WORK ORDER: Begin at the line below that has "-- does to the" and stop after the line that has "-- Download and". Please restate only those lines, word for word.

[INPUT RECORDS]

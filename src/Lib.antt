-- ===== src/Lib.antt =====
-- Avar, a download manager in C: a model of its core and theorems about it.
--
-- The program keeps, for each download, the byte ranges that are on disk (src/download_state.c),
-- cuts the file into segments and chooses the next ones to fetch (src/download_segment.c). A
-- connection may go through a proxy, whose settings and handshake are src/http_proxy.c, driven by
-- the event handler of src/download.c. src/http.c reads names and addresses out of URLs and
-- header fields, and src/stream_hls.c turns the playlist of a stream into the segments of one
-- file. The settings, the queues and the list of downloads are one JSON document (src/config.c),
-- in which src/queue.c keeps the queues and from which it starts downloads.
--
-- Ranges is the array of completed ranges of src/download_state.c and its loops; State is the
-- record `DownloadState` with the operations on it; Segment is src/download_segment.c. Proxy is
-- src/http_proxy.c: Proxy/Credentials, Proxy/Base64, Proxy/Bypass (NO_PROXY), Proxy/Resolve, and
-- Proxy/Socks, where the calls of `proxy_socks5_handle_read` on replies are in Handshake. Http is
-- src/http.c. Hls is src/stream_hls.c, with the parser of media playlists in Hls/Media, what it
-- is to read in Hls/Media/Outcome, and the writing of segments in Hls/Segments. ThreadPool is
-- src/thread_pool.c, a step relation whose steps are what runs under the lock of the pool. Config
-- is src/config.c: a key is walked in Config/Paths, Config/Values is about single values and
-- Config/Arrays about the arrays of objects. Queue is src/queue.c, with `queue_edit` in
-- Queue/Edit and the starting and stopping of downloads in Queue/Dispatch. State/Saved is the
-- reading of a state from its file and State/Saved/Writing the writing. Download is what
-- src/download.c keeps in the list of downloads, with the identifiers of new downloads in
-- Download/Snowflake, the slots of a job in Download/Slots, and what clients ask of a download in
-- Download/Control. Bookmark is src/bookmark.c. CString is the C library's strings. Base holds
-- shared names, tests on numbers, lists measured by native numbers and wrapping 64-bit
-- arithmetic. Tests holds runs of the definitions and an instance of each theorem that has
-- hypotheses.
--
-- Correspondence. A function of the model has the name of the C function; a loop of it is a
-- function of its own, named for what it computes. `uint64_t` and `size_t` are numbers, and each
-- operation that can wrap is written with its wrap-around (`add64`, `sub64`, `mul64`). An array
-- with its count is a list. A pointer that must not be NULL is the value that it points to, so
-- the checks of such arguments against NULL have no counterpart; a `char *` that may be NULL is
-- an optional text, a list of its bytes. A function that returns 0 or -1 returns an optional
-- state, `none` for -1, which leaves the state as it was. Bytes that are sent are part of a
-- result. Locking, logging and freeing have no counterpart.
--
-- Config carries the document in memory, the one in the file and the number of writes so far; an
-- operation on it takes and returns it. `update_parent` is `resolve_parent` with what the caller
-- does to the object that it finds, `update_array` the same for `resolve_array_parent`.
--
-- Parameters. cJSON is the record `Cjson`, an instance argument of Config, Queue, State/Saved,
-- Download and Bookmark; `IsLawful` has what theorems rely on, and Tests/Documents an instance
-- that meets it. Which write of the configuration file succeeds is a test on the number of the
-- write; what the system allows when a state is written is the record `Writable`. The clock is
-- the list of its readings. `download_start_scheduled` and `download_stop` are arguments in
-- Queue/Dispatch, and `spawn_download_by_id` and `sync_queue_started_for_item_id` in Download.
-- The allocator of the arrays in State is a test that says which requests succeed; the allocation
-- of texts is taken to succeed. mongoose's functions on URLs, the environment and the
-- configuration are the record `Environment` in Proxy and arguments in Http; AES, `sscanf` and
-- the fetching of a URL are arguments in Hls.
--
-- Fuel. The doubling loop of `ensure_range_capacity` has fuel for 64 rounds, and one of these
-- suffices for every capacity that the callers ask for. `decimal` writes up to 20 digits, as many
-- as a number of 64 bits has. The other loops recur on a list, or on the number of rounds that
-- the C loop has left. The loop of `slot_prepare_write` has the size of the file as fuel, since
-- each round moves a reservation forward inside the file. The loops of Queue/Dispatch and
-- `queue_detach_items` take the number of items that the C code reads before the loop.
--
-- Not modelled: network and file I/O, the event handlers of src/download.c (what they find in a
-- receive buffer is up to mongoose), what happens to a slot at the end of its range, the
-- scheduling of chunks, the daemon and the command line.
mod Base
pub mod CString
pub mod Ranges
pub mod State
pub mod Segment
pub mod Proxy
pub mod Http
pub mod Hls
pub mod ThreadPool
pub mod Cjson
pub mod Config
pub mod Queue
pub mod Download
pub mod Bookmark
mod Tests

[/INPUT RECORDS]

SOLUTION FOR THIS TASK:
-- does to the object that it finds, `update_array` the same for `resolve_array_parent`.
--
-- Parameters. cJSON is the record `Cjson`, an instance argument of Config, Queue, State/Saved,
-- Download and Bookmark; `IsLawful` has what theorems rely on, and Tests/Documents an instance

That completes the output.